■ TASK REQUIREMENTS
Beneath this task are records; print exactly the stretch of them from the line with "let k = run_key ev in" through the line with "-- An acked deployment.requested", both ends included.

■ PROVIDED INFORMATION
§ §

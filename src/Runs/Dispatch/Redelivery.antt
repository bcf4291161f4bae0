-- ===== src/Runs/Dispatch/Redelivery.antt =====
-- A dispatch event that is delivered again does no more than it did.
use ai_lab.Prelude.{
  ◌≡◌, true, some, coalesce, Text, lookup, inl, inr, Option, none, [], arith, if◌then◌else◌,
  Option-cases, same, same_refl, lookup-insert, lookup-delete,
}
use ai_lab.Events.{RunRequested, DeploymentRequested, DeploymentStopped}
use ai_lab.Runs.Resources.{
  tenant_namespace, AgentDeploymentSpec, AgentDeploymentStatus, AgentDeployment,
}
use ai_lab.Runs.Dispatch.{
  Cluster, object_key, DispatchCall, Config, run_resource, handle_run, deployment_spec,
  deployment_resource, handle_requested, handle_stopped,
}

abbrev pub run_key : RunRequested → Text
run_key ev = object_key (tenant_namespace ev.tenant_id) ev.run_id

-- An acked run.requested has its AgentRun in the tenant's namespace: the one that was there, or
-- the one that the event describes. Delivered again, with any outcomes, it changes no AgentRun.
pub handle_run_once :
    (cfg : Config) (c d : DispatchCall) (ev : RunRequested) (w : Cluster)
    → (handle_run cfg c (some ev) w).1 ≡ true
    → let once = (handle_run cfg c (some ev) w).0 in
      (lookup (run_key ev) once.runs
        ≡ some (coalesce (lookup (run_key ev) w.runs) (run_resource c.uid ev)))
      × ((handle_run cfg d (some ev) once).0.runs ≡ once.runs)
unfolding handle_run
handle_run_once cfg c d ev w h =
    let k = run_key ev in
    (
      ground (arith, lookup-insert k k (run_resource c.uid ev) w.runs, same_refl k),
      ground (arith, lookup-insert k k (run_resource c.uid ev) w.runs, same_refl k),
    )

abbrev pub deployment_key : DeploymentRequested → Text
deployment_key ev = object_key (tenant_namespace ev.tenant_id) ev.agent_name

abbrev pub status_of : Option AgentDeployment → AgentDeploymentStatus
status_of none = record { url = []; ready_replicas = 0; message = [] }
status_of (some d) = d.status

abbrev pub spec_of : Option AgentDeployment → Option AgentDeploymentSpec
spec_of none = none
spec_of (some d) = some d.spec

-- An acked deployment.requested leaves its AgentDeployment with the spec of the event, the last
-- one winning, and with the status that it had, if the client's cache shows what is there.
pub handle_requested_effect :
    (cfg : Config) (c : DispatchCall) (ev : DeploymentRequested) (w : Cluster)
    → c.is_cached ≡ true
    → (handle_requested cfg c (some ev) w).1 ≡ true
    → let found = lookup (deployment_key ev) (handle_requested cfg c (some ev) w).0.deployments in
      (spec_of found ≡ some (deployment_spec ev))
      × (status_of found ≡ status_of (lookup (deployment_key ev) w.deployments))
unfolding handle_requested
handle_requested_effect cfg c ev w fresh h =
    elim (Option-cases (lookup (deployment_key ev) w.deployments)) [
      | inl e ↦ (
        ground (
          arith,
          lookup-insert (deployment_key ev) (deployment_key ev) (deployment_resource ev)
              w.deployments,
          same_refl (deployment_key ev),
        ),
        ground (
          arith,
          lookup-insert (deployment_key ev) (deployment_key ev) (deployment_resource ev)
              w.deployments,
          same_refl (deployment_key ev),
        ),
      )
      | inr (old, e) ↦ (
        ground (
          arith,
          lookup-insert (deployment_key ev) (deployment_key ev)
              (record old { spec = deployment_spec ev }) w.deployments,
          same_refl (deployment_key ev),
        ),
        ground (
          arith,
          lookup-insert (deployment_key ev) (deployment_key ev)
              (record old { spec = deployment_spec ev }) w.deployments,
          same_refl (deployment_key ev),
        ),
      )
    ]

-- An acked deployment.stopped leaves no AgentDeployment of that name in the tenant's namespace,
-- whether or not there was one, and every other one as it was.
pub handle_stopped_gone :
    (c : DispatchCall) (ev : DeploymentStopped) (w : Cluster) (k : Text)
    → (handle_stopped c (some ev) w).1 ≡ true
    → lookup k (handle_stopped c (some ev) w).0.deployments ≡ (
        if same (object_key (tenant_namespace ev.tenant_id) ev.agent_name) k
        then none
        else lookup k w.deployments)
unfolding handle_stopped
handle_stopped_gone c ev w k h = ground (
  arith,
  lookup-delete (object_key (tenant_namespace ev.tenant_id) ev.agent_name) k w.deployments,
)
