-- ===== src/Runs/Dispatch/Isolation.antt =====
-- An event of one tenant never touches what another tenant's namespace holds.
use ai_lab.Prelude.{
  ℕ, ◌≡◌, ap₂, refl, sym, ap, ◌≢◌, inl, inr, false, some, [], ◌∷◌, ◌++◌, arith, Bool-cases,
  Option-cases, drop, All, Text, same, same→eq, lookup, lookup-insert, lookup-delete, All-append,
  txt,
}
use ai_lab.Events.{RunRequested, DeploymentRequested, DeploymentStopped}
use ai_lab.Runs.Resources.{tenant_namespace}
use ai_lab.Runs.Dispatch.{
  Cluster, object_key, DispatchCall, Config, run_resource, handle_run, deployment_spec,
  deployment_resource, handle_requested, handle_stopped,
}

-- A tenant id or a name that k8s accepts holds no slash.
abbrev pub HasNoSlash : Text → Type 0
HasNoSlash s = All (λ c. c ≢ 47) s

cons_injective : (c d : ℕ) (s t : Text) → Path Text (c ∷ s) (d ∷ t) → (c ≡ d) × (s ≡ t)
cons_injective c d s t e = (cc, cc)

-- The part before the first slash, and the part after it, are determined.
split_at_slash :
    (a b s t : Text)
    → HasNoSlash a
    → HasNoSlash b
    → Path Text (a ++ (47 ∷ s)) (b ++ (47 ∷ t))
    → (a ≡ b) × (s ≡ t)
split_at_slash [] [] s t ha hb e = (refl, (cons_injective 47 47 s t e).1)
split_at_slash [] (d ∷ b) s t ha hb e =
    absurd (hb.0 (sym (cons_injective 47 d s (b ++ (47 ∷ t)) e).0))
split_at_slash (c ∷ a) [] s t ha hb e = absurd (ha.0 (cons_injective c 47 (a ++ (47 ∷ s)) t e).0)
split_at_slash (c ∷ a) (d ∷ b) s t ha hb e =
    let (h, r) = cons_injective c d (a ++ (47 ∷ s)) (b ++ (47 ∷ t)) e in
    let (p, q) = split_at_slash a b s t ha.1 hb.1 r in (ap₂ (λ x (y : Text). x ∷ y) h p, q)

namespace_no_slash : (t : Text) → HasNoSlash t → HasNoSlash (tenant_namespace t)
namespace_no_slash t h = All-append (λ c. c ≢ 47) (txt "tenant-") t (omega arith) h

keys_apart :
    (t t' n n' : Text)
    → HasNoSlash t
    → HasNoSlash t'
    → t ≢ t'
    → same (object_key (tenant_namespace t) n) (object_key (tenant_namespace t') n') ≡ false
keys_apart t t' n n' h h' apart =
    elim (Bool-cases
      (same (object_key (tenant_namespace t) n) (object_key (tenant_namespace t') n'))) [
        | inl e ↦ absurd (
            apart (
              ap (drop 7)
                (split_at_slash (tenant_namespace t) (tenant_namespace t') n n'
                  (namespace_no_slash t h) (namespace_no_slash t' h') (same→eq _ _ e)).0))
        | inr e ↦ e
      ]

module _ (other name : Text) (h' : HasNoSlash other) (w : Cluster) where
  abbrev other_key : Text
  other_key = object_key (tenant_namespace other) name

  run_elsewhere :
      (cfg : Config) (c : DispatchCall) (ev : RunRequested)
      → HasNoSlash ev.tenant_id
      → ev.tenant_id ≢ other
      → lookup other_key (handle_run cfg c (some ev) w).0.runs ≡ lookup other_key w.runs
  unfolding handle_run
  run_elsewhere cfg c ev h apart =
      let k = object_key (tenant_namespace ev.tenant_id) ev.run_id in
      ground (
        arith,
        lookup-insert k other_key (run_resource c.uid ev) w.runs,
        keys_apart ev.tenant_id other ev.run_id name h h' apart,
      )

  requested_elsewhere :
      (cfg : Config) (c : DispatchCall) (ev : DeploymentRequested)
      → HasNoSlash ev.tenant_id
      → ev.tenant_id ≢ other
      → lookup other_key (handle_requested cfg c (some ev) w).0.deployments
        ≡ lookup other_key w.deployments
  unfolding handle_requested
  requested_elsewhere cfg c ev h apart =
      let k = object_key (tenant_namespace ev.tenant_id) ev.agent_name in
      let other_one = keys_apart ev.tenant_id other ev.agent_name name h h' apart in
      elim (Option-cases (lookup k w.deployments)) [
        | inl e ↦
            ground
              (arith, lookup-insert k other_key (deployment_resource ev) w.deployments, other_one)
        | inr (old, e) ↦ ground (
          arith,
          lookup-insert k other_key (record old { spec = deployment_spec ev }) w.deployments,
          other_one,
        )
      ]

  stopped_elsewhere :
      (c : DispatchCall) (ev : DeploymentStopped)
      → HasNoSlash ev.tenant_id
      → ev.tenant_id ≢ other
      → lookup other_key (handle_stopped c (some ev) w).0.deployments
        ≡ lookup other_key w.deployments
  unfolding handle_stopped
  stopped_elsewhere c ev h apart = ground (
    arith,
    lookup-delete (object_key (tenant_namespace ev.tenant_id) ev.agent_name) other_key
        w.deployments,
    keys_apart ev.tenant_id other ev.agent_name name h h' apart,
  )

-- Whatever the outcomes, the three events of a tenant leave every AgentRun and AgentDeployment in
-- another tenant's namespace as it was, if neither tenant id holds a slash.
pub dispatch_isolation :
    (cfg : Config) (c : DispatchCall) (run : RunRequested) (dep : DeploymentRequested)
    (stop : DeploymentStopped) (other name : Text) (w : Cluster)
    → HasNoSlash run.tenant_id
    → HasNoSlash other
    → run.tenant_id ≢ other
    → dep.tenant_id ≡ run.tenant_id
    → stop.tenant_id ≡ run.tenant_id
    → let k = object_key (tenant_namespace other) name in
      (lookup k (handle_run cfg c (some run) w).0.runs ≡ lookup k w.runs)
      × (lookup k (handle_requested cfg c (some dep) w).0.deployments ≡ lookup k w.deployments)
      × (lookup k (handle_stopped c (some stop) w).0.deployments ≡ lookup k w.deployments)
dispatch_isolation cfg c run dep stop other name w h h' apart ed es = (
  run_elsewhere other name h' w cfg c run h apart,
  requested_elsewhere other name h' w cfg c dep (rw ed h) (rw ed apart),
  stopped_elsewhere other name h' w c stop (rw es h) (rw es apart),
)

§ §

■ REPLY TO THE TASK
    let k = run_key ev in
    (
      ground (arith, lookup-insert k k (run_resource c.uid ev) w.runs, same_refl k),
      ground (arith, lookup-insert k k (run_resource c.uid ev) w.runs, same_refl k),
    )

abbrev pub deployment_key : DeploymentRequested → Text
deployment_key ev = object_key (tenant_namespace ev.tenant_id) ev.agent_name

abbrev pub status_of : Option AgentDeployment → AgentDeploymentStatus
status_of none = record { url = []; ready_replicas = 0; message = [] }
status_of (some d) = d.status

abbrev pub spec_of : Option AgentDeployment → Option AgentDeploymentSpec
spec_of none = none
spec_of (some d) = some d.spec

-- An acked deployment.requested leaves its AgentDeployment with the spec of the event, the last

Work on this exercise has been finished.